Stored entries:

----

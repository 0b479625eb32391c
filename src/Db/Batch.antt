-- ===== src/Db/Batch.antt =====
-- leveldb/write_batch.h, db/write_batch_internal.h and db/write_batch.cpp: a batch of updates as one
-- byte string `rep_`, a sequence number (fixed64), a count (fixed32) and the records.
pub mod Shape
pub mod Iterate
use level_db.Common.{
  ℕ, zero, suc, ◌+◌, ◌^◌, ◌%◌, List, [], ◌∷◌, ◌++◌, length, take, drop, replicate, ltb, ◌==◌,
  if◌then◌else◌, Option, none, some, ◌>>=◌, not,
}
use level_db.Util.Coding.{
  u64_mod, encode_fixed32, encode_fixed64, decode_fixed32, decode_fixed64,
  put_length_prefixed_slice, get_length_prefixed_slice,
}
use level_db.Util.Status.{Status, ok, error, corruption}
use level_db.Db.Format.{ValueType, deletion, value, type_code}
use Prim.Native.String.{String}

abbrev pub header_size : ℕ
header_size = 12

-- A call of the handler that Iterate is given.
pub data Call : Type 0 where
  put : List ℕ → List ℕ → Call
  delete : List ℕ → Call

unfoldable pub clear : List ℕ
clear = replicate header_size 0

unfoldable pub count : List ℕ → ℕ
count rep = decode_fixed32 (drop 8 rep)

unfoldable pub set_count : List ℕ → ℕ → List ℕ
set_count rep n = take 8 rep ++ (encode_fixed32 n ++ drop 12 rep)

unfoldable pub sequence : List ℕ → ℕ
sequence rep = decode_fixed64 rep

unfoldable pub set_sequence : List ℕ → ℕ → List ℕ
set_sequence rep seq = encode_fixed64 seq ++ drop 8 rep

unfoldable pub batch_put : List ℕ → List ℕ → List ℕ → List ℕ
batch_put rep key v =
    let counted = set_count rep (count rep + 1) in
    put_length_prefixed_slice (put_length_prefixed_slice (counted ++ (type_code value ∷ [])) key) v

unfoldable pub batch_delete : List ℕ → List ℕ → List ℕ
batch_delete rep key =
    let counted = set_count rep (count rep + 1) in
    put_length_prefixed_slice (counted ++ (type_code deletion ∷ [])) key

unfoldable pub set_contents : List ℕ → List ℕ → List ℕ
set_contents rep contents = contents

unfoldable pub append : List ℕ → List ℕ → List ℕ
append dst src = set_count dst (count dst + count src) ++ drop header_size src

-- The switch in the loop of Iterate, on one record behind its tag.
pub data Next : Type 0 where
  call : Call → List ℕ → Next
  malformed : String → Next

unfoldable pub read_put : List ℕ → Option (List ℕ × List ℕ × List ℕ)
read_put input = do
  (key, after_key) ← get_length_prefixed_slice input
  (v, rest) ← get_length_prefixed_slice after_key
  some (key, v, rest)

unfoldable pub read_record : ℕ → List ℕ → Next
read_record tag input =
    if tag == type_code value
    then (elim (read_put input) [
      | none ↦ malformed "bad WriteBatch Put"
      | some (key, v, rest) ↦ call (put key v) rest
    ])
    else if tag == type_code deletion
    then (elim (get_length_prefixed_slice input) [
      | none ↦ malformed "bad WriteBatch Delete"
      | some (key, rest) ↦ call (delete key) rest
    ])
    else malformed "unknown WriteBatch tag"

-- How the loop ends: the number of records, or the message of an error. `out_of_fuel` is no
-- behaviour of the source; `iterate_loop-ends` excludes it.
pub data Ending : Type 0 where
  found : ℕ → Ending
  stopped : String → Ending
  out_of_fuel : Ending

abbrev pub then_call : Call → List Call × Ending → List Call × Ending
then_call c (calls, end) = (c ∷ calls, end)

unfoldable pub iterate_loop : ℕ → List ℕ → ℕ → List Call × Ending
iterate_loop fuel [] n = ([], found n)
iterate_loop zero (tag ∷ input) n = ([], out_of_fuel)
iterate_loop (suc fuel) (tag ∷ input) n = elim (read_record tag input) [
  | call c rest ↦ then_call c (iterate_loop fuel rest (n + 1))
  | malformed msg ↦ ([], stopped msg)
]

abbrev pub final_status : ℕ → Ending → Status
final_status expected (found n) =
    if n == expected then ok else error corruption "WriteBatch has wrong count"
final_status expected (stopped msg) = error corruption msg
final_status expected out_of_fuel = error corruption "out of fuel"

-- The calls that the handler gets, and the status. Each record takes a byte at least, so the
-- length of the input is enough fuel.
unfoldable pub iterate : List ℕ → List Call × Status
iterate rep =
    if ltb (length rep) header_size
    then ([], error corruption "malformed WriteBatch (too small)")
    else let input = drop header_size rep in
      let (calls, end) = iterate_loop (length input) input 0 in
      (calls, final_status (count rep) end)

-- One call of MemTable::Add.
pub record Add : Type 0 where
  pub sequence : ℕ
  pub type : ValueType
  pub key : List ℕ
  pub value : List ℕ

-- MemTableInserter, with its counter `sequence_` on 64 bits.
unfoldable pub inserter : ℕ → List Call → List Add
inserter seq [] = []
inserter seq (put key v ∷ calls) =
    record { sequence = seq; type = value; key = key; value = v }
    ∷ inserter ((seq + 1) % u64_mod) calls
inserter seq (delete key ∷ calls) =
    record { sequence = seq; type = deletion; key = key; value = [] }
    ∷ inserter ((seq + 1) % u64_mod) calls

unfoldable pub insert_into : List ℕ → List Add × Status
insert_into rep = let (calls, status) = iterate rep in (inserter (sequence rep) calls, status)
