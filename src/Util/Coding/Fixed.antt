-- ===== src/Util/Coding/Fixed.antt =====
-- Fixed-width integers of util/coding.cpp: what is stored is what is loaded.
use native.Mathlib.Nat.{pow-suc}
use level_db.Common.{
  ℕ, zero, suc, ◌/◌, ◌^◌, ◌<◌, ◌≤◌, List, [], ◌∷◌, ◌++◌, length, take, All, ◌≡◌, refl, ap, arith,
}
use level_db.Util.Coding.{
  store_bytes, load_bytes, encode_fixed32, encode_fixed64, decode_fixed32, decode_fixed64,
}

abbrev pub IsByte : ℕ → Type 0
IsByte b = b < 256

pub length-store_bytes : (n v : ℕ) → length (store_bytes n v) ≡ n
unfolding store_bytes
length-store_bytes zero v = refl
length-store_bytes (suc n) v = ap suc (length-store_bytes n (v / 256))

pub store_bytes-IsByte : (n v : ℕ) → All IsByte (store_bytes n v)
unfolding store_bytes
store_bytes-IsByte zero v = tt
store_bytes-IsByte (suc n) v = (omega arith, store_bytes-IsByte n (v / 256))

pub load_bytes-store_bytes :
    (n v : ℕ) (rest : List ℕ) → v < 256 ^ n → load_bytes n (store_bytes n v ++ rest) ≡ v
unfolding load_bytes store_bytes
load_bytes-store_bytes zero v rest h = omega arith
load_bytes-store_bytes (suc n) v rest h =
    omega (arith, load_bytes-store_bytes n (v / 256) rest (omega (arith, pow-suc 256 n)))

pub load_bytes-lt : (n : ℕ) (bytes : List ℕ) → All IsByte bytes → load_bytes n bytes < 256 ^ n
unfolding load_bytes
load_bytes-lt zero bytes h = omega arith
load_bytes-lt (suc n) [] h = omega (arith, pow-suc 256 n, load_bytes-lt n [] tt)
load_bytes-lt (suc n) (b ∷ bytes) (hb, h) = omega (arith, pow-suc 256 n, load_bytes-lt n bytes h)

pub store_bytes-load_bytes :
    (n : ℕ) (bytes : List ℕ)
    → All IsByte bytes
    → n ≤ length bytes
    → store_bytes n (load_bytes n bytes) ≡ take n bytes
unfolding store_bytes load_bytes
store_bytes-load_bytes zero bytes h fits = refl
store_bytes-load_bytes (suc n) [] h fits = elim fits [ ]
store_bytes-load_bytes (suc n) (b ∷ bytes) (hb, h) fits =
    ground (arith, store_bytes-load_bytes n bytes h)

pub decode_fixed32-encode_fixed32 :
    (v : ℕ) (rest : List ℕ) → v < 2 ^ 32 → decode_fixed32 (encode_fixed32 v ++ rest) ≡ v
unfolding decode_fixed32 encode_fixed32
decode_fixed32-encode_fixed32 v rest h = load_bytes-store_bytes 4 v rest h

pub decode_fixed64-encode_fixed64 :
    (v : ℕ) (rest : List ℕ) → v < 2 ^ 64 → decode_fixed64 (encode_fixed64 v ++ rest) ≡ v
unfolding decode_fixed64 encode_fixed64
decode_fixed64-encode_fixed64 v rest h = load_bytes-store_bytes 8 v rest h

pub length-encode_fixed32 : (v : ℕ) → length (encode_fixed32 v) ≡ 4
unfolding encode_fixed32
length-encode_fixed32 v = length-store_bytes 4 v

pub length-encode_fixed64 : (v : ℕ) → length (encode_fixed64 v) ≡ 8
unfolding encode_fixed64
length-encode_fixed64 v = length-store_bytes 8 v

----

* _ASSIGNMENT_
All lines of the records containing "some" should be shown.

* _OUTPUT BELOW_
  if◌then◌else◌, Option, none, some, ◌>>=◌, not,
  some (key, v, rest)
      | some (key, v, rest) ↦ call (put key v) rest
      | some (key, rest) ↦ call (delete key) rest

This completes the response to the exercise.